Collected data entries

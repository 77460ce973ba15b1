-- ===== src/Xdrv/Gestures/Clicks.antt =====
-- The gestures of src/xdrv/wcmTouchFilter.c leave no button and no key down.
use linuxwacom.Prelude.{
  ℕ, zero, suc, ◌-◌, ◌==◌, ◌≡◌, refl, Bool, true, false, not, ◌&&◌, List, [], ◌∷◌, if◌then◌else◌,
  nonzero, flag, arith,
}
use linuxwacom.Prelude.Int.{ℤ, pos, ltb_ℤ}
use linuxwacom.Xdrv.Gestures.{
  finger_tap_to_click, first_finger_click, lag, second_finger_in, first_finger_in, leave,
  two_fingers, active, gesture, gesture_filter,
}
use linuxwacom.Xdrv.Gestures.State.{
  Keysym, control_l, plus, minus, Post, button, keysym, prox_out, Fingers, Gesture, post,
  send_click, repeat, tap_mode, scroll_up, scroll_down, scroll_left, scroll_right,
}
use linuxwacom.Xdrv.Gestures.Scroll.{
  points_in_line, moved_x, moved_y, steps, send_scroll_event, enter_scroll, scroll, finger_scroll,
}
use linuxwacom.Xdrv.Gestures.Zoom.{enter_zoom, zoom, finger_zoom}

abbrev pub same_keysym : Keysym → Keysym → Bool
same_keysym control_l control_l = true
same_keysym plus plus = true
same_keysym minus minus = true
same_keysym _ _ = false

-- Whether what was last posted of a button, of a key, says that it is down.
abbrev pub button_down : ℕ → List Post → Bool
button_down n [] = false
button_down n (button m state ∷ ps) = if m == n then nonzero state else button_down n ps
button_down n (keysym _ _ ∷ ps) = button_down n ps
button_down n (prox_out ∷ ps) = button_down n ps

abbrev pub key_down : Keysym → List Post → Bool
key_down k [] = false
key_down k (button _ _ ∷ ps) = key_down k ps
key_down k (keysym j state ∷ ps) = if same_keysym j k then nonzero state else key_down k ps
key_down k (prox_out ∷ ps) = key_down k ps

-- Neither the button nor the key is down.
unfoldable pub released : ℕ → Keysym → List Post → Bool
released n k ps = not (button_down n ps) && not (key_down k ps)

module _ (n : ℕ) (k : Keysym) where
  abbrev Keeps : Gesture → Gesture → Type 0
  Keeps g g' = released n k g.posted ≡ true → released n k g'.posted ≡ true

  lift-released : (m : ℕ) (g : Gesture) → Keeps g (send_click m 0 g)
  unfolding released send_click post
  lift-released m g h = ground (arith, h)

  click-released : (m : ℕ) (g : Gesture) → Keeps g (send_click m 0 (send_click m 1 g))
  unfolding released send_click post
  click-released m g h = ground (arith, h)

  clicks-released :
      (m count : ℕ) (g : Gesture)
      → Keeps g (repeat (λ pressed. send_click m (flag pressed)) count g)
  unfolding repeat
  clicks-released m zero g h = h
  clicks-released m (suc count) g h =
      clicks-released m count (send_click m 0 (send_click m 1 g)) (click-released m g h)

  send_scroll_event-released :
      (f : Fingers) (dist : ℤ) (up down : ℕ) (g : Gesture)
      → Keeps g (send_scroll_event f dist up down g)
  unfolding send_scroll_event
  send_scroll_event-released f dist up down g h =
      let m = if ltb_ℤ (pos 0) dist then up else down in
      ground (arith, h, clicks-released m (steps dist f.scroll_distance - g.used) g h)

  enter_scroll-released : (f : Fingers) (g : Gesture) → Keeps g (enter_scroll f g)
  unfolding enter_scroll
  enter_scroll-released f g h =
      let (first, direction0) = points_in_line g.direction f.ds0 g.initial0 in
      let (second, direction1) = points_in_line direction0 f.ds1 g.initial1 in
      let s = record g { direction = if first then direction1 else direction0 } in
      ground (arith, h, lift-released 1 s h)

  scroll-released : (f : Fingers) (g : Gesture) → Keeps g (scroll f g)
  unfolding scroll
  scroll-released f g h = ground (
    arith,
    h,
    send_scroll_event-released f (moved_y f g) scroll_up scroll_down g h,
    send_scroll_event-released f (moved_x f g) scroll_right scroll_left g h,
  )

  finger_scroll-released : (f : Fingers) (g : Gesture) → Keeps g (finger_scroll f g)
  unfolding finger_scroll
  finger_scroll-released f g h =
      let entered = enter_scroll-released f g h in
      ground (arith, entered, scroll-released f (enter_scroll f g) entered)

  finger_tap_to_click-released : (f : Fingers) (g : Gesture) → Keeps g (finger_tap_to_click f g)
  unfolding finger_tap_to_click
  finger_tap_to_click-released f g h =
      let s = record (send_click 1 0 g) { mode = tap_mode } in
      ground (arith, h, click-released 3 s (lift-released 1 g h))

  lag-released : (f : Fingers) (g : Gesture) → Keeps g (lag f g)
  unfolding lag
  lag-released f g h = ground (arith, h)

  second_finger_in-released : (f : Fingers) (g : Gesture) → Keeps g (second_finger_in f g)
  unfolding second_finger_in
  second_finger_in-released f g h = ground (arith, h)

  first_finger_in-released : (f : Fingers) (g : Gesture) → Keeps g (first_finger_in f g)
  unfolding first_finger_in
  first_finger_in-released f g h = ground (arith, h)

  leave-released : (f : Fingers) (g : Gesture) → Keeps g (leave f g)
  unfolding leave post released
  leave-released f g h = ground (arith, h)

  enter_zoom-released : (f : Fingers) (g : Gesture) → Keeps g (enter_zoom f g)
  unfolding enter_zoom
  enter_zoom-released f g h = ground (arith, h, lift-released 1 g h)

  -- The strokes of a key with Control.

  strokes-buttons :
      (j : Keysym) (count : ℕ) (g : Gesture)
      → button_down n (repeat (λ pressed. post (keysym j (flag pressed))) count g).posted
        ≡ button_down n g.posted
  unfolding repeat post
  strokes-buttons j zero g = refl
  strokes-buttons j (suc count) g =
      strokes-buttons j count (post (keysym j 0) (post (keysym j 1) g))

  strokes-keys :
      (j : Keysym) (count : ℕ) (g : Gesture)
      → key_down k g.posted ≡ false
      → key_down k (repeat (λ pressed. post (keysym j (flag pressed))) count g).posted ≡ false
  unfolding repeat post
  strokes-keys j zero g h = h
  strokes-keys j (suc count) g h =
      strokes-keys j count (post (keysym j 0) (post (keysym j 1) g)) (ground (arith, h))

  zoom-released : (f : Fingers) (g : Gesture) → Keeps g (zoom f g)
  unfolding zoom post released
  zoom-released f g h =
      let dist = f.zoomed (f.ds0, f.ds1) (g.initial0, g.initial1) in
      let j = if ltb_ℤ (pos 0) dist then plus else minus in
      let count = steps dist f.zoom_distance - g.used in
      let held = post (keysym control_l 1) g in
      ground (arith, h, strokes-buttons j count held, strokes-keys j count held)

  finger_zoom-released : (f : Fingers) (g : Gesture) → Keeps g (finger_zoom f g)
  unfolding finger_zoom
  finger_zoom-released f g h =
      let entered = enter_zoom-released f g h in
      ground (arith, entered, zoom-released f (enter_zoom f g) entered)

  two_fingers-released : (f : Fingers) (g : Gesture) → Keeps g (two_fingers f g)
  unfolding two_fingers
  two_fingers-released f g h =
      let scrolled = finger_scroll-released f g h in
      ground (
        arith,
        h,
        scrolled,
        finger_zoom-released f g h,
        finger_zoom-released f (finger_scroll f g) scrolled,
      )

  active-released : (f : Fingers) (g : Gesture) → Keeps g (active f g)
  unfolding active
  active-released f g h =
      let tapped = finger_tap_to_click f g in
      let up = finger_tap_to_click-released f g h in
      ground (arith, h, up, two_fingers-released f g h, two_fingers-released f tapped up)

  gesture-released : (f : Fingers) (channel : ℕ) (g : Gesture) → Keeps g (gesture f channel g)
  unfolding gesture
  gesture-released f channel g h =
      let lagged = lag f g in
      let second = second_finger_in f lagged in
      let first = first_finger_in f second in
      let up =
        first_finger_in-released f second
          (second_finger_in-released f lagged (lag-released f g h)) in
      ground (arith, up, leave-released f first up, active-released f first up)

  first_finger_click-released : (f : Fingers) (g : Gesture) → Keeps g (first_finger_click f g)
  unfolding first_finger_click
  first_finger_click-released f g h = ground (arith, h)

  filter-released : (f : Fingers) (channel : ℕ) (g : Gesture) → Keeps g (gesture_filter f channel g)
  unfolding gesture_filter
  filter-released f channel g h =
      let s = if f.enabled then gesture f channel g else g in
      let up : released n k s.posted ≡ true = ground (arith, h, gesture-released f channel g h) in
      ground (arith, up, first_finger_click-released f s up)

-- The calls of the gesture filter, in order, with what each one reads and its channel.
abbrev pub calls : List (Fingers × ℕ) → Gesture → Gesture
calls [] g = g
calls ((f, channel) ∷ cs) g = calls cs (gesture_filter f channel g)

-- However the fingers move and whatever the settings are, after any calls of the gesture filter no
-- button and no key is down of what it posted, if none was before.
pub calls-released :
    (n : ℕ) (k : Keysym) (cs : List (Fingers × ℕ)) (g : Gesture)
    → released n k g.posted ≡ true
    → released n k (calls cs g).posted ≡ true
calls-released n k [] g h = h
calls-released n k ((f, channel) ∷ cs) g h =
    calls-released n k cs (gesture_filter f channel g) (filter-released n k f channel g h)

• _Work instructions_: Within the entries, find all lines that contain "plus" and copy each one.

• _Result for this task_:
  Keysym, control_l, plus, minus, Post, button, keysym, prox_out, Fingers, Gesture, post,
same_keysym plus plus = true
      let j = if ltb_ℤ (pos 0) dist then plus else minus in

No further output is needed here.